Segment Open

-- ===== src/Npc/Tests/Server.antt =====
-- The theorems on the accept loop and on close notification applied to short runs.
use gomcpack.Prelude.{ℕ, ◌≡◌, refl, none, true, List, [], ◌∷◌, ◌++◌, map}
use gomcpack.Go.{done, io_error, eof, ok, err}
use gomcpack.Npc.Message.{new_request, write_request, write_header, write}
use gomcpack.Npc.Header.{marshal}
use gomcpack.Go.Slice.{slice_to_cap, store, copy}
use gomcpack.Mcpack.Number.{put_uint32}
use gomcpack.Npc.Client.{Client, Line, lookup, exchange, do_request}
use gomcpack.Npc.Client.Do.{Settled, do_request-Settled}
use gomcpack.Npc.Listen.{Accepted, accepted, temporary, failed, serve_listener, new_listening}
use gomcpack.Npc.Listen.Delay.{
  AreDelays, doubled_from, serve_listener-AreDelays, serve_listener-doubled,
}
use gomcpack.Npc.Listen.Started.{serve_listener-started, close_client_connections-start}
use gomcpack.Npc.TestServer.{new_test_server, start, close_client_connections}
use gomcpack.Npc.Notify.{connection, new_notify, close_notify, Notify, Reach, here, next, notified}
use gomcpack.Npc.Notify.Reached.{IsSound, Reach-IsSound, Closes, Reach-Closes}

abbrev outcomes : List Accepted
outcomes =
    accepted 1 ∷ temporary io_error ∷ temporary io_error ∷ accepted 2 ∷ failed eof ∷ accepted 3 ∷ []

serve_listener-AreDelays_example : AreDelays (serve_listener outcomes new_listening).1.slept
serve_listener-AreDelays_example = serve_listener-AreDelays outcomes

serve_listener-doubled_example :
    (serve_listener (map temporary (io_error ∷ eof ∷ io_error ∷ [])) new_listening).1.slept
    ≡ doubled_from 0 3
serve_listener-doubled_example = serve_listener-doubled (io_error ∷ eof ∷ io_error ∷ [])

abbrev outcomes_before : List Accepted
outcomes_before = accepted 1 ∷ temporary io_error ∷ []

serve_listener-started_example :
    (xs : List ℕ) × (ys : List ℕ) × ((serve_listener
        (outcomes_before ++ accepted 2 ∷ failed eof ∷ [])
        new_listening).1.started
      ≡ xs ++ 2 ∷ ys)
serve_listener-started_example = serve_listener-started outcomes_before 2 (failed eof ∷ []) tt

close_client_connections-start_example :
    ((start outcomes (new_listening, new_test_server)).0 ≡ serve_listener outcomes new_listening)
    × ((close_client_connections (start outcomes (new_listening, new_test_server)).1).closed
        ≡ (serve_listener outcomes new_listening).1.started)
close_client_connections-start_example = close_client_connections-start outcomes

-- `CloseNotify` has been called twice.
abbrev twice : Notify
twice = close_notify (close_notify new_notify)

reaches : Reach new_notify twice
reaches = next (next here (notified new_notify)) (notified (close_notify new_notify))

Reach-IsSound_example : IsSound twice
Reach-IsSound_example = Reach-IsSound twice reaches

copies : twice.copying ≡ connection ∷ []
unfolding close_notify
copies = refl

Reach-Closes_example : Closes twice connection
Reach-Closes_example = Reach-Closes twice connection [] reaches copies

abbrev no_conns : Client
no_conns = record { freeconn = []; closed = [] }

-- A connection on which nothing can be written.
abbrev broken_line : ℕ → Line
broken_line cn = record { writer = record { out = []; broken = true }; answer = λ sent. [] }

fails : exchange (broken_line 3) (new_request 7 none) ≡ done (err io_error)
unfolding exchange new_request write_request write_header marshal slice_to_cap store put_uint32 copy
    write
fails = refl

nothing : lookup (b'a' ∷ []) no_conns.freeconn ≡ []
unfolding lookup
nothing = refl

do_request-Settled_example :
    (c' : Client) × (do_request (ok (b'a' ∷ [])) (ok 3) broken_line (new_request 7 none) no_conns
      ≡ done (err io_error, c'))
    × Settled (err io_error) (b'a' ∷ []) 3 no_conns c'
do_request-Settled_example =
    do_request-Settled (b'a' ∷ []) 3 broken_line (new_request 7 none) no_conns (err io_error)
      nothing fails
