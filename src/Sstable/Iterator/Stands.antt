-- ===== src/Sstable/Iterator/Stands.antt =====
-- The iterator of a table walks the entries of all its blocks.
use pebble_db.Prelude.{
  ℕ, zero, suc, ◌+◌, ◌^◌, ◌<◌, ◌≤◌, ◌≡◌, refl, sym, ap, subst, ◌∙◌, true, false, Option, none, some,
  List, [], ◌∷◌, ◌++◌, length, drop, arith, All, All-append_left, All-append_right, append_assoc,
  length-append, length-drop, drop-append, drop-drop, if◌then◌else◌,
}
use pebble_db.Bytes.{Bytes, copy_slice}
use pebble_db.Result.{ok}
use pebble_db.Iterator.{Entry}
use pebble_db.Iterator.Merge.{as_bytes}
use pebble_db.Sstable.Block.{BlockIterator, new_block_iterator, copied}
use pebble_db.Sstable.Cache.{Lru}
use pebble_db.Sstable.Reader.{Reader}
use pebble_db.Sstable.Reader.Lookup.{
  IsStored, block_bytes, block_bytes-append, next_entry, next_end, copied-canonical,
}
use pebble_db.Sstable.Groups.{flat, index_of, AllFilled}
use pebble_db.Sstable.Found.{read_group}
use pebble_db.Sstable.Iterator.{
  TableIterator, copy_of, tried, show, shown, loaded, load_from, load_block, advance_loop, advance,
  new_iterator,
}
use pebble_db.Sstable.Iterator
use pebble_db.Sstable.Table.Facts.{IsTableOf}
use pebble_db.Sstable.Table.{TableAnswers, make_table}
use pebble_db.Sstable.Table.Built.{make_table-IsTableOf}
use pebble_db.Sstable.Writer.{at_least_one}

-- What a block iterator has before it.
abbrev pub BlockAt : Option BlockIterator → List Entry → Type 0
BlockAt none cur = cur ≡ []
BlockAt (some b) cur = (drop b.pos b.data' ≡ block_bytes cur) × (b.pos ≤ length b.data')

-- An iterator with the entries `cur` left in its block, and the blocks `groups` behind it.
pub record Placed {L : Type 0} (it : TableIterator L) (cur : List Entry)
    (groups : List (List Entry)) : Type 0 where
  pub start : ℕ
  pub more : Bytes
  pub inside : start ≤ length it.reader.file
  pub at : drop start it.reader.file ≡ block_bytes (flat groups) ++ more
  pub index : drop it.next_block it.reader.index ≡ index_of start groups
  pub no_empty : AllFilled groups
  pub stored : All IsStored cur
  pub stored_later : All (All IsStored) groups
  pub block : BlockAt it.block_it cur
  pub not_closed : it.reader.file_closed ≡ false
  pub small : length it.reader.file < 2 ^ 64
  pub uncached : it.cache ≡ none

pub record Shows {L : Type 0} (it : TableIterator L) (e : Entry) : Type 0 where
  pub valid : it.valid' ≡ true
  pub key : it.key' ≡ copy_slice e.key
  pub value : it.value' ≡ e.value
  pub tombstone : it.tombstone ≡ e.tombstone

-- An iterator with these entries from its own on.
abbrev pub Stands : {L : Type 0} → TableIterator L → List Entry → Type 0
Stands it [] = it.valid' ≡ false
Stands it (e ∷ es) =
    Shows it e
    × (cur : List Entry) × (gs : List (List Entry)) × Placed it cur gs
    × (cur ++ flat gs ≡ es)

tried_over : (b : Option BlockIterator) → BlockAt b [] → (tried b).1 ≡ false
unfolding block_bytes
tried_over none h = refl
tried_over (some b) h =
    next_end b
      (let n = ap (λ (x : Bytes). length x) h.0 in omega (arith, n, length-drop b.pos b.data'))

tried_entry :
    (b : Option BlockIterator) (e : Entry) (cur : List Entry)
    → BlockAt b (e ∷ cur)
    → IsStored e
    → (b' : BlockIterator) × (tried b ≡ (some b', true))
      × (b'.key ≡ some e.key)
      × (b'.val ≡ some (as_bytes e.value))
      × (b'.tombstone ≡ e.tombstone)
      × BlockAt (some b') cur
tried_entry none e cur h stored = cc h
tried_entry (some b) e cur h stored =
    let (b', n, k, v, t, d, within, behind) = next_entry b e cur stored h.0 h.1 in
    (
      b',
      ap (λ p. (some p.0, p.1)) n,
      k,
      v,
      t,
      (behind, subst (λ (x : Bytes). b'.pos ≤ length x) (sym d) within),
    )

copied_is_copy : (b : Bytes) → copied (some b) ≡ copy_slice b
unfolding copied
copied_is_copy b = refl

All-groups : (gs : List (List Entry)) → All IsStored (flat gs) → All (All IsStored) gs
unfolding flat
All-groups [] h = tt
All-groups (g ∷ gs) h = (
  All-append_left IsStored g (flat gs) h,
  All-groups gs (All-append_right IsStored g (flat gs) h),
)

-- The entry at which an iterator stands, and all of them from there on, by the loop that every caller
-- runs.
abbrev pub current : {L : Type 0} → TableIterator L → Entry
current it = record {
  key = as_bytes (copy_of it.key');
  value = copy_of it.value';
  tombstone = it.tombstone;
}

unfoldable pub visit : {L : Type 0} → Lru L → (ℕ → Option ℕ) → ℕ → TableIterator L → List Entry
visit lru answer zero it = []
visit lru answer (suc fuel) it =
    let later = visit lru answer fuel (Iterator.next_entry lru answer it) in
    if it.valid' then current it ∷ later else []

Segment Closed

- _WHAT IS BEING ASKED_
Above are the lines; repeat exactly the ones from the line containing "tried_entry none e cur h stored = cc h" down to the line containing "key = as_bytes (copy_of it.key');", both inclusive.

- _RESPONSE_
tried_entry none e cur h stored = cc h
tried_entry (some b) e cur h stored =
    let (b', n, k, v, t, d, within, behind) = next_entry b e cur stored h.0 h.1 in
    (
      b',
      ap (λ p. (some p.0, p.1)) n,
      k,
      v,
      t,
      (behind, subst (λ (x : Bytes). b'.pos ≤ length x) (sym d) within),
    )

copied_is_copy : (b : Bytes) → copied (some b) ≡ copy_slice b
unfolding copied
copied_is_copy b = refl

All-groups : (gs : List (List Entry)) → All IsStored (flat gs) → All (All IsStored) gs
unfolding flat
All-groups [] h = tt
All-groups (g ∷ gs) h = (
  All-append_left IsStored g (flat gs) h,
  All-groups gs (All-append_right IsStored g (flat gs) h),
)

-- The entry at which an iterator stands, and all of them from there on, by the loop that every caller
-- runs.
abbrev pub current : {L : Type 0} → TableIterator L → Entry
current it = record {
  key = as_bytes (copy_of it.key');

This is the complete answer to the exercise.